Elections in Kuwait
Elections in Kuwait are held for both the National Assembly and for the Municipality. Kuwait's constitution calls for elections to the unicameral National Assembly at a maximum interval of four years. Elections are held earlier if the Constitutional Court or Emir dissolve the parliament.
Kuwait was divided into five districts in the National Assembly elections between 1963 and 1975. Each district elected ten deputies to the Assembly. Before the 1981 elections the government redistricted Kuwait, creating a system of 25 districts. Following the redistricting, fewer Shi'ite candidates won seats in the Assembly. This was a deliberate result of the redistricting, and it followed the 1979 Revolution in Iran. Each of the 25 districts elected two members to the National Assembly, for a total of 50 elected members (additional members sit as appointed members of the cabinet).
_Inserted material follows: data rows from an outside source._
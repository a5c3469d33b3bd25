-- ===== src/Study/Store.antt =====
-- The tables of the protected quiz: services/study/internal/repository/quiz_session.go and
-- quiz_snapshot.go. A flag `fails` is the failure of any statement of a transaction, which is then
-- rolled back as a whole.
pub mod Rows
pub mod Results
use hquizlet_platform.Prelude.{
  ℕ, Bool, not, ◌&&◌, ◌||◌, String, List, [], ◌∷◌, Option, none, some, any, count, ltb, leb, ◌==◌,
  str_eq, if◌then◌else◌,
}
use hquizlet_platform.Prelude.Int.{pos}
use hquizlet_platform.Prelude.Text.{append}
use hquizlet_platform.Study.Model.{
  Snapshot, QuizSession, question_count, SessionView, Outcome, ok, err, not_found, session_limit,
  internal,
}
use hquizlet_platform.Study.View.{is_some, is_submitted}
use hquizlet_platform.Study.Progress.{LearningSession, Learning, key_taken, insert_learning}

-- A row of protected_quiz_sessions; the time of its update is left out.
pub record SessionRow : Type 0 where
  pub id : String
  pub user_id : ℕ
  pub study_set_id : ℕ
  pub state : QuizSession
  pub expires_at : ℕ
  pub active_until : ℕ
  pub snapshot_id : String
  pub deleted_at : Option ℕ

pub record StudyDb : Type 0 where
  pub sessions : List SessionRow
  pub learning : Learning
  pub snapshots : List Snapshot

-- MaxSessionsPerQuiz
abbrev pub max_sessions_per_quiz : ℕ
max_sessions_per_quiz = 5

-- The row with the primary key.
unfoldable pub row_of : String → List SessionRow → Option SessionRow
row_of k [] = none
row_of k (r ∷ rs) = if str_eq r.id k then some r else row_of k rs

-- `user_id=$2 AND study_set_id=$3 AND expires_at>now() AND deleted_at IS NULL`
abbrev pub is_open : ℕ → ℕ → ℕ → SessionRow → Bool
is_open u k now r =
    (r.user_id == u) && (r.study_set_id == k) && ltb now r.expires_at && not (is_some r.deleted_at)

-- The row that Update locks and that View reads.
unfoldable pub open_row : String → ℕ → ℕ → ℕ → List SessionRow → Option SessionRow
unfolding row_of
open_row id u k now rs = elim (row_of id rs) [
  | none ↦ none
  | some r ↦ if is_open u k now r then some r else none
]

-- `user_id=$1 AND study_set_id=$2 AND active_until>now() AND deleted_at IS NULL`
abbrev pub is_active : ℕ → ℕ → ℕ → SessionRow → Bool
is_active u k now r =
    (r.user_id == u)
    && (r.study_set_id == k)
    && ltb now r.active_until
    && not (is_some r.deleted_at)

-- CountActive
abbrev pub count_active : ℕ → ℕ → ℕ → List SessionRow → ℕ
count_active u k now = count (is_active u k now)

-- UPDATE ... WHERE id: the row with the primary key.
unfoldable pub update_row : String → (SessionRow → SessionRow) → List SessionRow → List SessionRow
update_row id f [] = []
update_row id f (r ∷ rs) = if str_eq r.id id then f r ∷ rs else r ∷ update_row id f rs

-- SET state, active_until
abbrev pub set_state : QuizSession → ℕ → SessionRow → SessionRow
set_state s t r = record r { state = s; active_until = t }

-- DELETE ... WHERE
unfoldable pub drop_rows : (SessionRow → Bool) → List SessionRow → List SessionRow
drop_rows p [] = []
drop_rows p (r ∷ rs) = let rest = drop_rows p rs in if p r then rest else r ∷ rest

-- `user_id=$1 AND expires_at<now()`
abbrev pub is_expired_of : ℕ → ℕ → SessionRow → Bool
is_expired_of u now r = (r.user_id == u) && ltb r.expires_at now

-- The rows that Create deletes first.
abbrev pub drop_expired : ℕ → ℕ → List SessionRow → List SessionRow
drop_expired u now = drop_rows (is_expired_of u now)

-- The hourly DELETE ... WHERE expires_at<now() of cmd/server/main.go.
abbrev pub drop_all_expired : ℕ → List SessionRow → List SessionRow
drop_all_expired now = drop_rows (λ r. ltb r.expires_at now)

unfoldable pub drop_learning : ℕ → List LearningSession → List LearningSession
drop_learning k [] = []
drop_learning k (r ∷ rs) =
    let rest = drop_learning k rs in if r.study_set_id == k then rest else r ∷ rest

unfoldable pub drop_snapshots : ℕ → List Snapshot → List Snapshot
drop_snapshots k [] = []
drop_snapshots k (r ∷ rs) =
    let rest = drop_snapshots k rs in if r.study_set_id == k then rest else r ∷ rest

-- StudySetRepository.Delete: ON DELETE CASCADE deletes the rows of the set in the three tables.
-- `visible` says whether there is a row of the set that is not hidden.
unfoldable pub delete_set : Bool → Bool → ℕ → StudyDb → StudyDb × Outcome {0} Unit
unfolding drop_rows drop_learning drop_snapshots
delete_set fails visible k db =
    if fails then (db, err internal) else if not visible then (db, err not_found) else (
      record db {
        sessions = drop_rows (λ r. r.study_set_id == k) db.sessions;
        learning = record db.learning { rows = drop_learning k db.learning.rows };
        snapshots = drop_snapshots k db.snapshots;
      },
      ok tt,
    )

abbrev pub or_time : Option ℕ → ℕ → ℕ
or_time none t = t
or_time (some d) t = d

-- activeUntil of Update: the time of the submission, the deadline or the expiry.
abbrev pub active_until : QuizSession → ℕ
active_until s = or_time s.submitted_at (or_time s.deadline s.expires_at)

-- INSERT INTO protected_quiz_sessions
abbrev pub new_row : QuizSession → SessionRow
new_row s = record {
  id = s.id;
  user_id = s.user_id;
  study_set_id = s.study_set_id;
  state = s;
  expires_at = s.expires_at;
  active_until = or_time s.deadline s.expires_at;
  snapshot_id = s.snapshot_id;
  deleted_at = none;
}

-- QuizSessionRepository.Create
unfoldable pub create_session : Bool → ℕ → QuizSession → StudyDb → StudyDb × Outcome {0} Unit
unfolding row_of drop_rows
create_session fails now s db =
    let rows = drop_expired s.user_id now db.sessions in
    if leb max_sessions_per_quiz (count_active s.user_id s.study_set_id now rows)
    then (db, err session_limit)
    else if fails || is_some (row_of s.id rows)
    then (db, err internal)
    else (record db { sessions = new_row s ∷ rows }, ok tt)

-- The key of a quiz in learning_sessions.
abbrev pub quiz_key : String → String
quiz_key id = append "quiz-" id

-- The row that Update writes for a quiz that has just been submitted.
abbrev pub learning_row : ℕ → ℕ → QuizSession → ℕ → LearningSession
learning_row u k s score = record {
  id = 0;
  user_id = u;
  study_set_id = k;
  mode = "test";
  score = pos score;
  total = pos (question_count s);
  started_at = s.started_at;
  completed_at = s.submitted_at;
  idempotency_key = quiz_key s.id;
  card_results = [];
}

-- INSERT INTO learning_sessions ... ON CONFLICT DO NOTHING, behind its condition; `none` where the
-- table's check that the score is at most the total refuses the row.
unfoldable pub record_result : ℕ → ℕ → QuizSession → QuizSession → Learning → Option Learning
unfolding insert_learning
record_result u k before after l = elim after.completed_score [
  | none ↦ some l
  | some score ↦
      if is_submitted before || not (is_submitted after)
      then some l
      else if ltb (question_count after) score
      then none
      else if key_taken u (quiz_key after.id) l.rows
      then some l
      else some (insert_learning l (learning_row u k after score))
]

-- QuizSessionRepository.Update
unfoldable pub update_session :
    Bool
    → ℕ
    → String
    → ℕ
    → ℕ
    → (QuizSession → Outcome (QuizSession × SessionView))
    → StudyDb
    → StudyDb × Outcome SessionView
unfolding open_row update_row record_result
update_session fails now id u k fn db = elim (open_row id u k now db.sessions) [
  | none ↦ (db, err not_found)
  | some r ↦ elim (fn r.state) [
    | err e ↦ (db, err e)
    | ok (x, view) ↦ elim (record_result u k r.state x db.learning) [
      | none ↦ (db, err internal)
      | some learning ↦ if fails then (db, err internal) else (
        record db {
          sessions = update_row id (set_state x (active_until x)) db.sessions;
          learning = learning;
        },
        ok view,
      )
    ]
  ]
]

-- QuizSessionRepository.View
unfoldable pub view_session {ℓ} :
    {A : Type ℓ} → ℕ → String → ℕ → ℕ → (QuizSession → Outcome A) → StudyDb → Outcome A
unfolding open_row
view_session now id u k fn db = elim (open_row id u k now db.sessions) [
  | none ↦ err not_found
  | some r ↦ fn r.state
]

-- SET deleted_at, active_until WHERE user_id AND deleted_at IS NULL
abbrev pub set_deleted : ℕ → ℕ → SessionRow → SessionRow
set_deleted u now r =
    if (r.user_id == u) && not (is_some r.deleted_at)
    then record r { deleted_at = some now; active_until = now }
    else r

-- QuizSessionRepository.Delete
unfoldable pub delete_session : Bool → ℕ → String → ℕ → StudyDb → StudyDb × Outcome {0} Unit
unfolding row_of update_row
delete_session fails now id u db =
    let after = record db { sessions = update_row id (set_deleted u now) db.sessions } in
    if fails then (db, err internal) else elim (row_of id db.sessions) [
      | none ↦ (db, err not_found)
      | some r ↦ if r.user_id == u then (after, ok tt) else (db, err not_found)
    ]

-- QuizSnapshotRepository.Get
unfoldable pub get_snapshot : List Snapshot → String → Outcome Snapshot
get_snapshot [] id = err not_found
get_snapshot (s ∷ ss) id = if str_eq s.id id then ok s else get_snapshot ss id

abbrev pub has_snapshot : List Snapshot → String → Bool
has_snapshot ss id = any (λ s. str_eq s.id id) ss

-- QuizSnapshotRepository.Put
unfoldable pub put_snapshot : Snapshot → List Snapshot → List Snapshot
put_snapshot s ss = if has_snapshot ss s.id then ss else s ∷ ss

-- `NOT EXISTS (SELECT 1 FROM protected_quiz_sessions p WHERE p.snapshot_id = s.id)`
abbrev pub is_referenced : List SessionRow → String → Bool
is_referenced rs id = any (λ r. str_eq r.snapshot_id id) rs

-- QuizSnapshotRepository.DeleteUnreferenced
unfoldable pub delete_unreferenced : ℕ → List SessionRow → List Snapshot → List Snapshot
delete_unreferenced before rs [] = []
delete_unreferenced before rs (s ∷ ss) =
    let rest = delete_unreferenced before rs ss in
    if ltb s.created_at before && not (is_referenced rs s.id) then rest else s ∷ rest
While political groups and parliamentary voting blocs exist, although most candidates run as independents. Once elected, many deputies form voting blocs in the National Assembly. While Kuwaiti law does not recognize political parties, numerous political groups function as de facto political parties in elections, and there are blocs in the parliament. Major de facto political parties include: National Democratic Alliance, Popular Action Bloc, Hadas (Kuwaiti Muslim Brotherhood), National Islamic Alliance and Justice and Peace Alliance.
The earliest modern elections in Kuwait were held in 1921. Elections were held again in June and then in December 1938 for a majlis al-tashri'i, or Legislative Council. The ruling family dissolved the second Council in 1939. Following independence in 1961 elections were held in 1962 to elect 20 members to the constitutional convention.
Kuwait has universal adult suffrage for Kuwaiti citizens who are 21 or older. The constitution bars members of the ruling family from running for election to the National Assembly, though the constitution does not explicitly prohibit these members of the ruling family from casting votes. The franchise was expanded to include women in 2005. When voting was first introduced in Kuwait in 1985, Kuwaiti women had the right to vote. This right was later removed. In 2005, Kuwaiti women were re-granted the right to vote.
Kuwait's citizenship law, in theory, gives citizenship to those who descend, in the male line, from residents of Kuwait in 1920.